Greenville Estate Lawyer: “Faulty Estate Plan Scenario Number One”

December 7, 2009

“Why can’t I just take a copy of the Revocable Trust to the bank and have them give me the money in the account”, asks your client.  “The trust says that I am the beneficiary.”

My answer to this is always the same. “In whose name is the bank account in right now? If the answer is that the bank account is in the name of the deceased person only, you have Faulty Estate Plan Scenario Number One.

A revocable trust only has an effect on assets that are titled in the trust’s name. If at death the account is in the name of the deceased person, upon death the account becomes an asset of the probate estate. This means a Last Will will have to be submitted to the Probate Court, or if there is no Will, an intestacy proceeding will have to be begun. No matter, the Will probably says that the bank account will go to the Revocable Trust anyway, but by not titling the account in the name of the Trust during the deceased person’s lifetime, you are forced to go through the extra step of a probate or intestacy proceeding.

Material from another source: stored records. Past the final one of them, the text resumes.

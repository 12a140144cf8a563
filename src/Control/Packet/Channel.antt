-- ===== src/Control/Packet/Channel.antt =====
-- ControlPacket::channel and EnetChannel of src/stream/proto/control/packet.rs: the ENet channel that a
-- packet goes on. PacketKind is in peer.rs.
use moonlight_common_rust.Common.{
  ℕ, ◌+◌, ◌%◌, ◌^◌, ◌<◌, ◌≤◌, ◌⊎◌, ◌≡◌, Bool, ◌&&◌, ◌||◌, Option, none, some, ltb, ◌==◌,
  if◌then◌else◌,
}
use moonlight_common_rust.Version.{ServerVersion, is_sunshine_like}
use moonlight_common_rust.Control.Packet.{
  ControlPacket, rumble_data, rumble_triggers, set_motion, set_led, set_adaptive_triggers,
  idr_request, start_b_packet, ping, loss, fec_status, mouse_move_relative, mouse_move_absolute,
  mouse_button, keyboard, text, mouse_scroll, mouse_horizontal_scroll, touch, pen, controller_state,
  controller_arrival, controller_motion, controller_battery, controller_touch, invalidate_frames,
  long_term_reference_acknowledgement, web_state_packet, unwrap_or,
}

pub data PacketKind : Type 0 where
  unreliable sequenced always_unreliable always_sequenced reliable : PacketKind

abbrev channel_generic : ℕ
channel_generic = 0x00

abbrev channel_urgent : ℕ
channel_urgent = 0x01

abbrev channel_keyboard : ℕ
channel_keyboard = 0x02

abbrev channel_mouse : ℕ
channel_mouse = 0x03

abbrev channel_pen : ℕ
channel_pen = 0x04

abbrev channel_touch : ℕ
channel_touch = 0x05

abbrev channel_utf8 : ℕ
channel_utf8 = 0x06

abbrev channel_gamepad_base : ℕ
channel_gamepad_base = 0x10

abbrev pub channel_count : ℕ
channel_count = 0x30

abbrev controller : ℕ → Option ℕ
controller id = if ltb id 16 then some (channel_gamepad_base + id) else none

-- The channel of a controller whose number is a u8, or is cut to one.
abbrev controller_channel : ℕ → ℕ
controller_channel number = unwrap_or (controller (number % 2 ^ 8)) channel_gamepad_base

-- `x == 0.0` on the bits of an f32: both zeros are equal to it.
abbrev is_zero_f32 : ℕ → Bool
is_zero_f32 bits = (bits == 0) || (bits == 2 ^ 31)

abbrev motion_gyroscope : ℕ
motion_gyroscope = 2

-- The kind of a motion packet: the one that says that the controller rests must arrive.
abbrev motion_kind : (motion_type x y z : ℕ) → PacketKind
motion_kind motion_type x y z =
    if (motion_type == motion_gyroscope) && is_zero_f32 x && is_zero_f32 y && is_zero_f32 z
    then reliable
    else sequenced

-- `channel` for a server that is like Sunshine.
unfoldable pub sunshine_channel : ControlPacket → ℕ × PacketKind
sunshine_channel idr_request = (channel_urgent, reliable)
sunshine_channel start_b_packet = (channel_urgent, reliable)
sunshine_channel (invalidate_frames _ _ _ _ _ _) = (channel_urgent, reliable)
sunshine_channel (long_term_reference_acknowledgement _ _) = (channel_urgent, reliable)
sunshine_channel (loss _ _ _ _ _ _ _) = (channel_generic, unreliable)
sunshine_channel (fec_status _ _ _ _ _ _ _ _ _ _ _) = (channel_generic, unreliable)
sunshine_channel ping = (channel_generic, reliable)
sunshine_channel (mouse_move_relative _ _) = (channel_mouse, reliable)
sunshine_channel (mouse_move_absolute _ _ _ _ _) = (channel_mouse, reliable)
sunshine_channel (mouse_button _ _) = (channel_mouse, reliable)
sunshine_channel (keyboard _ _ _ _ _) = (channel_keyboard, reliable)
sunshine_channel (text _ _) = (channel_utf8, reliable)
sunshine_channel (controller_arrival number _ _ _) = (controller_channel number, reliable)
sunshine_channel (controller_battery number _ _ _) = (controller_channel number, reliable)
sunshine_channel (controller_motion number motion_type _ _ x y z) =
    (controller_channel number, motion_kind motion_type x y z)
sunshine_channel (rumble_data _ number _ _) = (controller_channel number, reliable)
sunshine_channel (rumble_triggers number _ _) = (controller_channel number, reliable)
sunshine_channel (set_led number _ _ _) = (controller_channel number, reliable)
sunshine_channel (set_adaptive_triggers number _ _ _ _ _) = (controller_channel number, reliable)
sunshine_channel (set_motion number _ _) = (controller_channel number, reliable)
sunshine_channel (controller_state _ number _ _ _ _ _ _ _ _ _ _ _ _) =
    (controller_channel number, sequenced)
sunshine_channel (controller_touch _ _ _ _ _ _ _ _) = (channel_touch, reliable)
sunshine_channel (mouse_scroll _ _ _) = (channel_mouse, reliable)
sunshine_channel (mouse_horizontal_scroll _) = (channel_mouse, reliable)
sunshine_channel (touch _ _ _ _ _ _ _ _ _) = (channel_touch, reliable)
sunshine_channel (pen _ _ _ _ _ _ _ _ _ _ _ _) = (channel_pen, reliable)
sunshine_channel (web_state_packet _ _) = (channel_keyboard, unreliable)
sunshine_channel _ = (channel_generic, reliable)

unfoldable pub channel : ServerVersion → ControlPacket → ℕ × PacketKind
channel version packet =
    if is_sunshine_like version then sunshine_channel packet else (channel_generic, reliable)

-- The controller of a packet that goes on a controller's channel. A touch on a controller's pad has a
-- controller number, too, but is among the touches.
unfoldable pub channel_controller : ControlPacket → Option ℕ
channel_controller (controller_arrival number _ _ _) = some number
channel_controller (controller_battery number _ _ _) = some number
channel_controller (controller_motion number _ _ _ _ _ _) = some number
channel_controller (controller_state _ number _ _ _ _ _ _ _ _ _ _ _ _) = some number
channel_controller (rumble_data _ number _ _) = some number
channel_controller (rumble_triggers number _ _) = some number
channel_controller (set_led number _ _ _) = some number
channel_controller (set_adaptive_triggers number _ _ _ _ _) = some number
channel_controller (set_motion number _ _) = some number
channel_controller _ = none

-- Where a packet of a controller, or of none, is put: each controller that has a channel is on its own.
unfoldable IsPlaced : Option ℕ → ℕ → Type 0
IsPlaced none place = place < 16
IsPlaced (some number) place = (place ≡ 16 + number) ⊎ ((16 ≤ number) × (16 ≤ place) × (place < 32))

unfoldable pub IsInRange : Option ℕ → Type 0
IsInRange none = Unit
IsInRange (some number) = number < 16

The above scenario, which is not uncommon, obviously eliminates one of the more highly touted benefits of the Revocable Trust, which is avoiding the probate process. If you have a Revocable Trust in place, do not assume that your estate plan is airtight. A periodic review of your assets is a necessity in order for the trust to have its intended effect. If you desire, the attorney who drafts the Revocable Trust can help you with retitling assets in the name of the trust, or you can decide to use another attorney. Otherwise, you may end up with Faulty Estate Plan Scenario Number One.